Dalhousie Medical School’s Dr. Isabel Smith was one of many researchers who contributed to the study.

Dr. Smith is a Professor in the Departments of Pediatrics and Psychology and Neurosciences at Dalhousie Medical School and the Joan and Jack Craig Chair in Autism Research. Her interests encompass the development, health and wellbeing of individuals with developmental disabilities and their families, especially children and youth with ASD. Her research includes longitudinal studies of ASD, development and evaluation of interventions for ASD and associated behavioural and mental health problems.

“This study has been a massive collaborative effort. This kind of research aims to make life better for people with autism and for their families,” says Dr. Smith. “Through this study, we were able to offer families the opportunity to participate in the research, so that they may contribute to these genetic discoveries that we other wise would not be in a position to do.”

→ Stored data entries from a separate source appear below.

-- ===== src/Facet/Examples.antt =====
-- Tests and witnesses for the levels of numbers and the filters that search them.
use milli.Base.{ℕ, ◌^◌, ◌≤◌, ◌<◌, true, List, [], ◌∷◌, ◌≡◌, refl, sym, subst, arith, inl, ◌∙◌}
use milli.Bitmap.Sample.{sample, sample-IsRoaring, listed}
use milli.Bitmap.Numbers.{sort, dedup}
use milli.Facet.{Entry, included, excluded, explore}
use milli.Facet.Range.{In}
use milli.Facet.Build.{
  highest_level, compute_facet_number_levels, level_entries, count_levels, is_level, write_groups,
}
use milli.Facet.Build.Groups.{IsLevelZero}
use milli.Facet.Build.Index.{compute_facet_number_levels-IsIndex}
use milli.Facet.Explore.Excluded.{explore-gives_excluded_bound}

-- 1.0, 2.0 and 3.0.
abbrev pub one : ℕ
one = 0xBFF0000000000000

abbrev pub two : ℕ
two = 0xC000000000000000

abbrev pub three : ℕ
three = 0xC008000000000000

abbrev entry : ℕ → ℕ → Entry (List ℕ)
entry number document = record { left = number; right = number; docids = document ∷ [] }

abbrev pub prices : List (Entry (List ℕ))
prices = entry one 7 ∷ entry two 8 ∷ entry three 9 ∷ []

one_document : (d : ℕ) → d < 2 ^ 32 → (n : ℕ) × (sample.contains (d ∷ []) n ≡ true)
one_document d h = (d, sample-IsRoaring.contains-insert [] d d h ∙ ground arith)

pub prices-IsLevelZero : IsLevelZero sample sample-IsRoaring prices
prices-IsLevelZero = (
  refl,
  (omega arith, omega arith, omega arith),
  one_document 7 (omega arith),
  (omega arith, (omega arith, tt)),
  (
    refl,
    (omega arith, omega arith, omega arith),
    one_document 8 (omega arith),
    (omega arith, tt),
    (refl, (omega arith, omega arith, omega arith), one_document 9 (omega arith), tt, tt),
  ),
)

two_levels : highest_level sample 2 1 prices ≡ 1
unfolding highest_level count_levels is_level
two_levels = refl

abbrev made : ℕ → List (Entry (List ℕ))
made = compute_facet_number_levels sample 2 1 prices

abbrev cheap : Entry (List ℕ)
cheap = record { left = one; right = two; docids = 7 ∷ 8 ∷ [] }

has_level : 1 ≤ highest_level sample 2 1 prices
has_level = omega (arith, two_levels)

made_one : made 1 ≡ cheap ∷ entry three 9 ∷ []
unfolding compute_facet_number_levels highest_level count_levels is_level level_entries write_groups
    listed dedup sort
made_one = refl

-- A search of the numbers above 1.0, up to 3.0, from level 1.
explore-gives_excluded_bound_example :
    sample.contains (explore sample made 1 (excluded one) (included three) []) 7 ≡ true
unfolding compute_facet_number_levels one_document
explore-gives_excluded_bound_example =
    explore-gives_excluded_bound sample sample-IsRoaring made (highest_level sample 2 1 prices)
      (compute_facet_number_levels-IsIndex sample sample-IsRoaring 2 1 prices prices-IsLevelZero) 0
      cheap three 7 [] has_level (subst (In cheap) (sym made_one) (inl refl)) (omega arith)
      (omega arith) (entry one 7, inl refl, refl, (one_document 7 (omega arith)).1)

Why more isn’t always better

The research team wanted to look at the implications of tandem repeats in the DNA of people with ASD. A tandem repeat occurs when nucleotides, known as the building blocks of DNA, are repeated adjacently two or more times. These repeats are like DNA “wrinkles” and the larger they become, the greater the likelihood that errors in gene function will result.

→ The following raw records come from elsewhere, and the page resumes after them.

-- ===== src/Facet/Evaluate/Examples.antt =====
-- Filters over a field of prices. A token is a text, one digit is a number, and `i` is infinity.
use milli.Base.{ℕ, ◌+◌, List, [], ◌∷◌, Option, none, some, ◌≡◌, refl, ◌==◌, if◌then◌else◌}
use milli.Base.Results.{ok, err}
use milli.Bitmap.Sample.{sample}
use milli.AscDesc.Texts.{Text, strip_prefix}
use milli.AscDesc.Facets.{is_faceted, is_faceted_by}
use milli.Filter.{lower_than, FilterCondition, condition, or, greater_than, equal}
use milli.Bitmap.Sample.{listed}
use milli.Bitmap.Numbers.{dedup, sort}
use milli.Facet.{f64_max, is_void, explore}
use milli.Facet.Build.{compute_facet_number_levels}
use milli.Facet.Evaluate.{
  encoding, Texts, Index, evaluate, range_docids, explore_from, search_range, ordered_docids,
  biggest_level, equal_docids, number_docids, on_field, evaluate_operator, parse,
}
use milli.Facet.Evaluate.Admissible.{is_ok, is_admissible}
use milli.Facet.Evaluate.Outcome.{is_ok-evaluate}
use milli.Facet.Examples.{one, two, three, prices}

abbrev digit : Text → Option ℕ
digit (c ∷ []) =
    if c == b'1'
    then some one
    else if c == b'2'
    then some two
    else if c == b'3'
    then some three
    else if c == b'i'
    then some (f64_max + 1)
    else none
digit _ = none

abbrev tokens : Texts Text
tokens = record { lexeme = λ w. w; value = λ w. w; parse_f64 = digit; to_lowercase = λ w. w }

abbrev price : Text
price = b'p' ∷ []

abbrev index : Index sample
index = record {
  filterable_fields = price ∷ [];
  field_id = λ w. some 0;
  numbers_db = λ field. compute_facet_number_levels sample 2 1 prices;
  strings_db = λ field w. none;
  number_faceted_documents_ids = λ field. 7 ∷ 8 ∷ 9 ∷ [];
  string_faceted_documents_ids = λ field. [];
  geo_faceted_documents_ids = [];
  geo_rtree = none;
}

-- price > 2 OR price = 1
abbrev request : FilterCondition Text
request = or (condition price (greater_than (b'2' ∷ []))) (condition price (equal (b'1' ∷ [])))

is_ok-evaluate_example :
    is_ok (evaluate sample tokens index request) ≡ is_admissible sample tokens index request
is_ok-evaluate_example = is_ok-evaluate sample tokens index request

abbrev found : List ℕ
found = 9 ∷ 7 ∷ []

-- price = inf has no key to look for, and price < inf is every price.
infinite :
    (evaluate sample tokens index (condition price (equal (b'i' ∷ []))) ≡ err encoding)
    × (evaluate sample tokens index (condition price (lower_than (b'i' ∷ [])))
        ≡ ok (7 ∷ 8 ∷ 9 ∷ []))
unfolding evaluate is_faceted is_faceted_by strip_prefix on_field evaluate_operator parse
    range_docids explore_from search_range ordered_docids is_void biggest_level equal_docids
    number_docids compute_facet_number_levels explore listed dedup sort
infinite = (refl, refl)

Similar to how photocopying a piece of wrinkled paper will sometimes result in more wrinkles, when a strand of DNA with a tandem repeat replicates, the repeat often grows longer. These are called tandem repeat expansions and depending on their length and location in the genome, they can result in gene dysregulation, contributing to conditions such as Fragile X syndrome and Huntington’s Disease.

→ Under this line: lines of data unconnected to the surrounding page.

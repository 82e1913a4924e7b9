-- ===== src/FieldsIdsMap.antt =====
-- The two-way map between field names and field ids (milli/src/fields_ids_map.rs). A `FieldId` is a
-- u16; `names_ids` and `ids_names` are the fields of the same names.
pub mod Invariant
pub mod Lookup
pub mod Fresh
mod Examples
use milli.Base.{
  ℕ, ◌+◌, ◌^◌, String, Bool, true, false, List, [], ◌∷◌, Option, none, some, map, length, ltb,
  if◌then◌else◌,
}
use milli.Base.Dict
use milli.Base.BTree

pub record FieldsIdsMap : Type 0 where
  pub names_ids : List (String × ℕ)
  pub ids_names : List (ℕ × String)
  pub next_id : Option ℕ

abbrev pub new : FieldsIdsMap
new = record { names_ids = []; ids_names = []; next_id = some 0 }

-- `u16::checked_add(1)`.
unfoldable pub checked_next : ℕ → Option ℕ
checked_next id = if ltb (id + 1) (2 ^ 16) then some (id + 1) else none

-- Number of names, and whether there is none.
unfoldable pub len : FieldsIdsMap → ℕ
len m = length m.names_ids

unfoldable pub is_empty : FieldsIdsMap → Bool
is_empty m = elim m.names_ids [ [] ↦ true | e ∷ rest ↦ false ]

-- The `None` branch of `insert`, after the `?` on `next_id`.
add_name : String → Option ℕ → FieldsIdsMap → FieldsIdsMap × Option ℕ
add_name name none m = (m, none)
add_name name (some id) m = (
  record {
    names_ids = Dict.insert name id m.names_ids;
    ids_names = BTree.insert id name m.ids_names;
    next_id = checked_next id;
  },
  some id,
)

insert_at : String → Option ℕ → FieldsIdsMap → FieldsIdsMap × Option ℕ
insert_at name (some id) m = (m, some id)
insert_at name none m = add_name name m.next_id m

unfoldable pub insert : String → FieldsIdsMap → FieldsIdsMap × Option ℕ
unfolding insert_at add_name
insert name m = insert_at name (Dict.lookup name m.names_ids) m

unfoldable pub id : String → FieldsIdsMap → Option ℕ
id name m = Dict.lookup name m.names_ids

unfoldable pub name : ℕ → FieldsIdsMap → Option String
name i m = BTree.lookup i m.ids_names

-- `remove_entry` gives the key back if it is there.
remove_id : Option ℕ → FieldsIdsMap → FieldsIdsMap × Option ℕ
remove_id none m = (m, none)
remove_id (some i) m = (
  record m { ids_names = BTree.remove i m.ids_names },
  elim (BTree.lookup i m.ids_names) [ none ↦ none | some text ↦ some i ],
)

unfoldable pub remove : String → FieldsIdsMap → FieldsIdsMap × Option ℕ
unfolding remove_id
remove text m =
    remove_id (Dict.lookup text m.names_ids) (record m { names_ids = Dict.remove text m.names_ids })

-- The entries, ids and names in the order of the ids.
unfoldable pub iter : FieldsIdsMap → List (ℕ × String)
iter m = m.ids_names

unfoldable pub ids : FieldsIdsMap → List ℕ
ids m = map (λ e. e.0) m.ids_names

unfoldable pub names : FieldsIdsMap → List String
names m = map (λ e. e.1) m.ids_names

-- What a caller may do to the map.
pub data Operation : Type 0 where
  add : String → Operation
  del : String → Operation

unfoldable pub run : FieldsIdsMap → List Operation → FieldsIdsMap
run m [] = m
run m (add text ∷ ops) = run (insert text m).0 ops
run m (del text ∷ ops) = run (remove text m).0 ops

Previously, scientists could only search for tandem repeats in one gene at a time and were faced with challenges in determining whether a tandem repeat was long enough to impact gene function. With close to a million tandem repeats in the genome, looking for tandem repeats that contribute meaningfully to ASD would be like looking for a needle in a haystack.

Yuen’s team developed an analytic approach that could search and find significant tandem repeat expansions across the entire genome. “We’re effectively searching millions of repetitive regions of DNA simultaneously and decoding them in a way no one has ever been able to do,” says Yuen, Principal Investigator of the study and an Assistant Professor in the Department of Molecular Genetics at the University of Toronto. “Our computational approach can determine the outliers – the tandem repeats that have an exceptionally high number of repetitions and could change how our genes function.”

A leap forward for ASD research

This discovery would not have been possible without the families who are as committed to scientific exploration as the researchers themselves. The researchers applied their method to the whole genome sequencing data of over 5,000 families with ASD and more than 4,000 individuals from the general population. They found 2,588 different places in the genome where tandem repeat expansions associated with particular genes were much more prevalent among individuals with ASD compared to those without ASD. This discovery shows tandem repeat expansions are as great a contributor to ASD as the previous major contributing genetic factor (de novo genetic variants).

The researchers found some of the tandem repeat expansions occurred in genes previously known to be implicated in ASD. However, about 50 per cent occurred in entirely new genes that were never thought to be involved in ASD, including ones that are involved in some neuromuscular disorders. Furthermore, the location of a tandem repeat expansion was associated with certain characteristics and behaviours such as IQ and life skills.